Dataset records section start
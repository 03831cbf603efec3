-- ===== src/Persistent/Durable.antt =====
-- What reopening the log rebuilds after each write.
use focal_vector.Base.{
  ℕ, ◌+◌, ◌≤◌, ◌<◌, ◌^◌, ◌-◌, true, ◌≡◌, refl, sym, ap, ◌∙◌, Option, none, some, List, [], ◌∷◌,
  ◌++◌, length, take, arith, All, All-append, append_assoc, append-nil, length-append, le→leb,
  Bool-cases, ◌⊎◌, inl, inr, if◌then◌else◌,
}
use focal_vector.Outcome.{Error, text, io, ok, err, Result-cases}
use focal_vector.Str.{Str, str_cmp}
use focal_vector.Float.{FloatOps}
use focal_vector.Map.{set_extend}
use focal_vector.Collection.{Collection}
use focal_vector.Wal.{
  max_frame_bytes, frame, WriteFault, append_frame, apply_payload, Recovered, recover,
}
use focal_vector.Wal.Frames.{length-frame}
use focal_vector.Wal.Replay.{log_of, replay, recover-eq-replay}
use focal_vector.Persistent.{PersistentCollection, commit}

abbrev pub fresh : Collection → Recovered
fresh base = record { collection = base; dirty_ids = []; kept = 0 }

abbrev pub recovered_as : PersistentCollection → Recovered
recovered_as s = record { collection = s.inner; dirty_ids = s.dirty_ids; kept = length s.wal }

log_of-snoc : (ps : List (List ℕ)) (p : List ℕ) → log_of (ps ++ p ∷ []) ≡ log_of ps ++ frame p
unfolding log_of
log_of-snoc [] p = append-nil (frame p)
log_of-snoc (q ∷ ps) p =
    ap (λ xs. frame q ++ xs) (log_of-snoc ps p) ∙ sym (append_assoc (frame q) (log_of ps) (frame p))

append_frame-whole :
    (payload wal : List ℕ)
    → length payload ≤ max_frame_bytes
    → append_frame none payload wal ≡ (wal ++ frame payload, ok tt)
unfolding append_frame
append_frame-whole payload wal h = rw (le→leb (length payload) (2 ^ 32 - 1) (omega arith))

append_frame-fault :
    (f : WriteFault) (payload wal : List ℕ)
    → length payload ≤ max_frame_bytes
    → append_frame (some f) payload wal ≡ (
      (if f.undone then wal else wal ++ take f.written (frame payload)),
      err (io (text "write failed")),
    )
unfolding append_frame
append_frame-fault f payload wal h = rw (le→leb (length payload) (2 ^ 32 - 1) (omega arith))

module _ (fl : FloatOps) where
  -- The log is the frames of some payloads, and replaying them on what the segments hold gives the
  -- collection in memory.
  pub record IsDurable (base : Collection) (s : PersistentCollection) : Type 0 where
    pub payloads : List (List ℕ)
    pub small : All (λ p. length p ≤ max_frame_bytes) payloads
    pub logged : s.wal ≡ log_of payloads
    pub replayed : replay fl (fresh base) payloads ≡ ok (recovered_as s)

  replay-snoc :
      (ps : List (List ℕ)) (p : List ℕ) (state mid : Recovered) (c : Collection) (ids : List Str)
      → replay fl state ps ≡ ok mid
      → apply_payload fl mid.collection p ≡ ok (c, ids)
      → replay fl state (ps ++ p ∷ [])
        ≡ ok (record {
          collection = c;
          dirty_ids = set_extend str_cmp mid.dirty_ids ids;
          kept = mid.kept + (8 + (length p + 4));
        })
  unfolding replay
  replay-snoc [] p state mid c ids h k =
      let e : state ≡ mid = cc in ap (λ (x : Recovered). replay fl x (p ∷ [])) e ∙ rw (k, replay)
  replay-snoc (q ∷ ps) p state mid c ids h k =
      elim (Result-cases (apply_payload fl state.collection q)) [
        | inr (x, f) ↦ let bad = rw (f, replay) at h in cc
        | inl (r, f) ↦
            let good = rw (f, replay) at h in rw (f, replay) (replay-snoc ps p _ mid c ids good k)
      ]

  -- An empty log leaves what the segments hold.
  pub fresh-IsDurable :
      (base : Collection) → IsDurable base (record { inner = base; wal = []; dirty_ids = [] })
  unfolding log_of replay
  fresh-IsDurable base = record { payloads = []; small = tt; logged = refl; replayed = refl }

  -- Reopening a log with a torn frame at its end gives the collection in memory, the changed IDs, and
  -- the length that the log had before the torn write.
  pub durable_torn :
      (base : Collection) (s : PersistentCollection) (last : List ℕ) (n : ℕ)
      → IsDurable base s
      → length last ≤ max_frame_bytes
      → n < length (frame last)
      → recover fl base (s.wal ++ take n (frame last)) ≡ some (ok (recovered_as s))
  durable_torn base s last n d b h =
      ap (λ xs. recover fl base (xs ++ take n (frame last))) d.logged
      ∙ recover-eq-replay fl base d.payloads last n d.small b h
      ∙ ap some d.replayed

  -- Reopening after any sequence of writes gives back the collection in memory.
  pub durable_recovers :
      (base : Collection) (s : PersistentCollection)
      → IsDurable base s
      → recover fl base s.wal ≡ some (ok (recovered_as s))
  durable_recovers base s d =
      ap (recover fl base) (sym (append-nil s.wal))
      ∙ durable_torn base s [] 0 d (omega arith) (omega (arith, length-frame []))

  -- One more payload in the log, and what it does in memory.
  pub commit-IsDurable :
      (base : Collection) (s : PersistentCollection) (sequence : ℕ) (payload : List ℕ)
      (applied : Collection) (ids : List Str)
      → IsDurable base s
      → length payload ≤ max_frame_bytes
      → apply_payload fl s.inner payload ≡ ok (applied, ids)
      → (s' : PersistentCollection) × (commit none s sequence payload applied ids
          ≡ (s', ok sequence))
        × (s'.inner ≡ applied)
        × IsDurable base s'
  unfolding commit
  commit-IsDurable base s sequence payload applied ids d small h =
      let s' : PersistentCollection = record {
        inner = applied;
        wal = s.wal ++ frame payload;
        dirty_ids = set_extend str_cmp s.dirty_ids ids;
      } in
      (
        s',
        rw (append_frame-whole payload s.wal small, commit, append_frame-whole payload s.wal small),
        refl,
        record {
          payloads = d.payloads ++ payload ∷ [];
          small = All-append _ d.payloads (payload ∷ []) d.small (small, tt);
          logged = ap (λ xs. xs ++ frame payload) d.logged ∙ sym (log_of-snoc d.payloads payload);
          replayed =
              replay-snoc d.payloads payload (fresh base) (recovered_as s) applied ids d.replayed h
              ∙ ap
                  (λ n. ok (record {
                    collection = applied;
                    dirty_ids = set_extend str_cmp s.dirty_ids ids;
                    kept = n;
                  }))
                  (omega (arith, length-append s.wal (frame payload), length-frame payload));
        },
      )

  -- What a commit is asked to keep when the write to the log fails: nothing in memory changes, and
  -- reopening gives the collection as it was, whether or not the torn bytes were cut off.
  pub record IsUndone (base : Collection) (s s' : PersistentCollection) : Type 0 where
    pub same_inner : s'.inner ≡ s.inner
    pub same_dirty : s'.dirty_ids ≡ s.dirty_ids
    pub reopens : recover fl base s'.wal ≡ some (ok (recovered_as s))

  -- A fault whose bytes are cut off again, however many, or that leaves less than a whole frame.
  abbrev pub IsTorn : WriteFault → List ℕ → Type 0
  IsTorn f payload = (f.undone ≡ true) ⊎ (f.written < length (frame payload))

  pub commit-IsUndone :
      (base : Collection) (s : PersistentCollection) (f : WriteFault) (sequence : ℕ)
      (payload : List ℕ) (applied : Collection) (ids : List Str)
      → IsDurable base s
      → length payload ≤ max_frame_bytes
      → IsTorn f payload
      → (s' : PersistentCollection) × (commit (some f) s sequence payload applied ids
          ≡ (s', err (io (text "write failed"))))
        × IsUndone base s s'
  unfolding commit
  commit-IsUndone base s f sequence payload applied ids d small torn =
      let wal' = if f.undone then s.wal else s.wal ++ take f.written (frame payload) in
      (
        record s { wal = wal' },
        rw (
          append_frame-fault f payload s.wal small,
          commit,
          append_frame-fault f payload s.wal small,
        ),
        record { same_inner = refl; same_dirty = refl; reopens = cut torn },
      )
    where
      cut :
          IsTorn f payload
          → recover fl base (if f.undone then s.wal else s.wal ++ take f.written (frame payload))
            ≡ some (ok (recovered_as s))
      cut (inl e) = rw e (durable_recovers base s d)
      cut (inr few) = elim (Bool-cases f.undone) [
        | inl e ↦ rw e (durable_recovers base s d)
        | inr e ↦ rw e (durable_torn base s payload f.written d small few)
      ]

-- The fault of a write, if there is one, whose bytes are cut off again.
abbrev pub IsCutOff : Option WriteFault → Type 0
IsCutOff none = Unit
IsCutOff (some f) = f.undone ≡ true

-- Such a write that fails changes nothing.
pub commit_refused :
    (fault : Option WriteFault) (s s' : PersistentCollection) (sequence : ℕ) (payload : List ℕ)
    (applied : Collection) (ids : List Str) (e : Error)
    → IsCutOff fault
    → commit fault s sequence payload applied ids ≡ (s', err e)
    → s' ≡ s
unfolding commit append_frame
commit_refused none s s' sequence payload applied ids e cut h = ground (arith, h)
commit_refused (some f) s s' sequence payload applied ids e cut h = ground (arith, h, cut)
Dataset records section end
Your task –
Repeat the entries verbatim through the line with "fresh base = record".

Expected answer –
repository 03831cbf603efec3
-- ===== src/Persistent/Durable.antt =====
-- What reopening the log rebuilds after each write.
use focal_vector.Base.{
  ℕ, ◌+◌, ◌≤◌, ◌<◌, ◌^◌, ◌-◌, true, ◌≡◌, refl, sym, ap, ◌∙◌, Option, none, some, List, [], ◌∷◌,
  ◌++◌, length, take, arith, All, All-append, append_assoc, append-nil, length-append, le→leb,
  Bool-cases, ◌⊎◌, inl, inr, if◌then◌else◌,
}
use focal_vector.Outcome.{Error, text, io, ok, err, Result-cases}
use focal_vector.Str.{Str, str_cmp}
use focal_vector.Float.{FloatOps}
use focal_vector.Map.{set_extend}
use focal_vector.Collection.{Collection}
use focal_vector.Wal.{
  max_frame_bytes, frame, WriteFault, append_frame, apply_payload, Recovered, recover,
}
use focal_vector.Wal.Frames.{length-frame}
use focal_vector.Wal.Replay.{log_of, replay, recover-eq-replay}
use focal_vector.Persistent.{PersistentCollection, commit}

abbrev pub fresh : Collection → Recovered
fresh base = record { collection = base; dirty_ids = []; kept = 0 }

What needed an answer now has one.